宫墙还是如此之高,如往日一样,像是这百年时光并不曾过。

        夭枝走进酒馆便听上头说书人道,“此间事了,仁衷皇帝未厚葬其弟,乃是引火烧之,未入皇陵。

        丞相身死,贺浮将军夺去兵权,念其军功,便永幽闭于凉州,其余党派皆随二殿下去也。

        这两个太子夺江山,各有其本领,各有其能。”

        底下当即有人反驳,“要我看,仁衷皇帝也就赢在命好,有个奇人帮着,若是由另一位雷霆手段的来坐江山,哪轮到后头江山风雨摇曳,战乱不休啊?”

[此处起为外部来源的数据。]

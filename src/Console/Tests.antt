-- ===== src/Console/Tests.antt =====
-- The theorems on web/src/pages/CFConsole.tsx at a concrete console.
use cloudflared_manager.Base.{true, false, none, some, List, [], ◌∷◌, Str, codes}
use cloudflared_manager.Api.Types.{Tunnel}
use cloudflared_manager.Console.{Console}

abbrev tunnel : Str → Tunnel
tunnel id = record {
  id = id;
  account_tag = none;
  name = id;
  created_at = none;
  deleted_at = none;
  conns_active_at = none;
  conns_inactive_at = none;
  status = some (codes "healthy");
  tun_type = none;
  config_src = some (codes "cloudflare");
  remote_config = some true;
  connections = none;
}

abbrev console : Console
console = record {
  accounts = [];
  accounts_loading = false;
  aid = [];
  tunnels = [];
  tunnels_loading = false;
  tid = [];
  create_open = false;
  new_name = [];
  creating = false;
  rename_open = false;
  rename_target = none;
  rename_value = [];
  renaming = false;
  collapsed = false;
  notices = [];
}

abbrev tunnels_of_a : List Tunnel
tunnels_of_a = tunnel (codes "ta") ∷ []
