-- ===== src/Events.antt =====
-- web/src/events: the event stream of the daemon, its listeners and its WebSocket connection.
pub mod Types
pub mod Registry
pub mod Connection
mod Tests
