-- ===== src/Events/Types.antt =====
-- web/src/events/types.ts: the events on the bus and the states of the connection. The payload under
-- `data` passes through unread, as a JSON value.
use cloudflared_manager.Base.{ℕ, Bool, Option, Str, ◌==◌}
use cloudflared_manager.Api.Types.{Value}

pub data EventType : Type 0 where
  instance_state instance_error proxy_status proxy_connections config_changed config_deleted
        log_line alert binary_update :
      EventType

pub record BusEvent : Type 0 where
  pub seq : ℕ
  pub type_name : EventType
  pub config_id : Option Str
  pub ts : Str
  pub payload : Option Value

pub data ConnState : Type 0 where
  idle connecting opened closed failed : ConnState

-- The key of a listener set: an event type, or '*'.
pub data Key : Type 0 where
  star : Key
  on : EventType → Key

abbrev pub type_rank : EventType → ℕ
type_rank instance_state = 0
type_rank instance_error = 1
type_rank proxy_status = 2
type_rank proxy_connections = 3
type_rank config_changed = 4
type_rank config_deleted = 5
type_rank log_line = 6
type_rank alert = 7
type_rank binary_update = 8

unfoldable pub key_rank : Key → ℕ
key_rank star = 9
key_rank (on t) = type_rank t

-- `===` on keys.
abbrev pub key_eq : Key → Key → Bool
key_eq j k = key_rank j == key_rank k
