-- ===== src/Events/Connection.antt =====
-- web/src/events/EventStreamContext.tsx: the WebSocket connection of `EventStreamProvider`. The
-- environment (sockets, timers, storage events, React's mounting) enters as a list of signals; each
-- handler is a function on the refs and the React state, which are one record. A socket is a number,
-- given out in order; it is live until its close event, and delivers messages until it is closing.
pub mod Backoff
pub mod Invariant
pub mod Overlap
use cloudflared_manager.Base.{
  ℕ, suc, ◌*◌, ◌^◌, ◌+◌, min, Bool, true, false, not, ◌&&◌, Option, none, some, List, [], ◌∷◌, ◌++◌,
  map, filter, if◌then◌else◌, ltb, ◌==◌,
}
use cloudflared_manager.Events.Types.{
  EventType, BusEvent, ConnState, idle, connecting, opened, closed, failed,
}

abbrev pub backoff_base_ms : ℕ
backoff_base_ms = 500

abbrev pub backoff_max_ms : ℕ
backoff_max_ms = 15000

-- A WebSocket that was made: the `since` in its URL, and whether `close()` was called on it.
pub record Socket : Type 0 where
  pub id : ℕ
  pub since : ℕ
  pub closing : Bool

-- The refs and the state of the provider, `token` for what `getAPIToken` returns, and of the outside
-- the sockets without a close event yet and the number of the next one. `timer` holds the delay of the
-- pending reconnect.
pub record Conn : Type 0 where
  pub phase : ConnState
  pub last_seq : ℕ
  pub last_event : Option BusEvent
  pub ws : Option ℕ
  pub seq : ℕ
  pub retries : ℕ
  pub timer : Option ℕ
  pub stopped : Bool
  pub token : Bool
  pub sockets : List Socket
  pub next : ℕ

abbrev pub initial : Bool → Conn
initial token = record {
  phase = idle;
  last_seq = 0;
  last_event = none;
  ws = none;
  seq = 0;
  retries = 0;
  timer = none;
  stopped = false;
  token = token;
  sockets = [];
  next = 0;
}

-- `Math.min(BACKOFF_BASE_MS * 2 ** attempt, BACKOFF_MAX_MS)`
unfoldable pub backoff : ℕ → ℕ
backoff attempt = min (backoff_base_ms * 2 ^ attempt) backoff_max_ms

abbrev pub is_some : Option ℕ → Bool
is_some none = false
is_some (some n) = true

unfoldable pub schedule_reconnect : Conn → Conn
schedule_reconnect c =
    if c.stopped
    then c
    else if is_some c.timer
    then c
    else record c { retries = c.retries + 1; timer = some (backoff c.retries) }

-- `made` tells whether the WebSocket constructor returns or throws.
unfoldable pub connect : Bool → Conn → Conn
unfolding schedule_reconnect
connect made c =
    if c.stopped
    then c
    else if not c.token
    then record c { phase = idle }
    else if made
    then record c {
      phase = connecting;
      ws = some c.next;
      sockets = record { id = c.next; since = c.seq; closing = false } ∷ c.sockets;
      next = c.next + 1;
    }
    else schedule_reconnect (record c { phase = failed })

-- `close()` on a socket: its close event comes later.
abbrev pub close_socket : Option ℕ → List Socket → List Socket
close_socket none sockets = sockets
close_socket (some id) sockets =
    map (λ (s : Socket). if s.id == id then record s { closing = true } else s) sockets

-- What the environment does. A frame that is no event is `none`.
pub data Signal : Type 0 where
  open_event : Signal
  message : Option BusEvent → Signal
  error_event : Signal
  close_event : ℕ → Signal
  timeout : Bool → Signal
  storage : Bool → Bool → Signal
  mount : Bool → Signal
  unmount : Signal

abbrev pub receive : BusEvent → Conn → Conn
receive e c =
    if ltb c.seq e.seq
    then record c { seq = e.seq; last_seq = e.seq; last_event = some e }
    else record c { last_event = some e }

-- The handlers: of the socket, of the timer, of the storage event and of the effect.
unfoldable pub handle : Signal → Conn → Conn
unfolding connect schedule_reconnect
handle open_event c = record c { retries = 0; phase = opened }
handle (message none) c = c
handle (message (some e)) c = receive e c
handle error_event c = record c { phase = failed }
handle (close_event id) c = schedule_reconnect (record c {
  ws = none;
  phase = closed;
  sockets = filter (λ (s : Socket). not (s.id == id)) c.sockets;
})
handle (timeout made) c = connect made (record c { timer = none })
handle (storage token made) c =
    connect made (record c { token = token; retries = 0; sockets = close_socket c.ws c.sockets })
handle (mount made) c = connect made (record c { stopped = false })
handle unmount c = record c {
  stopped = true;
  timer = none;
  sockets = close_socket c.ws c.sockets;
  ws = none;
}

unfoldable pub run : List Signal → Conn → Conn
unfolding handle
run [] c = c
run (s ∷ signals) c = run signals (handle s c)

        “万般都是命,如今说来都无意义,好在我朝风雨摇曳之时出了位同样手段的皇帝,才堪堪震住四分五裂的江山,否则诸侯瓜分,终日战不休,岂有我们寻常百姓活路?!”

        “这孝贤皇帝确实厉害,那叫一个杀伐决断,十五岁奸臣当道之下登皇位,十六岁夺皇权斩奸臣,内严查贪官污吏,赐连坐之罪立威,十七岁收兵权,正刑律,立科举,广纳人才;外修水利扩农业,诸侯战中,以少胜多,百计施于诸侯,引其相互缠斗,制衡之术,压制的是明明白白。

        那几个诸侯年过半百,恐怕是做梦都没有想到这皇帝如此厉害,便是被压制到死那日,都没法从其手中瓜分去中原一块地。”

        座下人人叹息,“可惜了,孝贤皇帝故去的早,若是寿长些,这江山地土怕是要大上许多呢。如今这过继而来的子嗣皇帝,比之乃是中庸。”

        周围人瞬间噤声,“嘘,这话说不得,这可是当今皇帝。”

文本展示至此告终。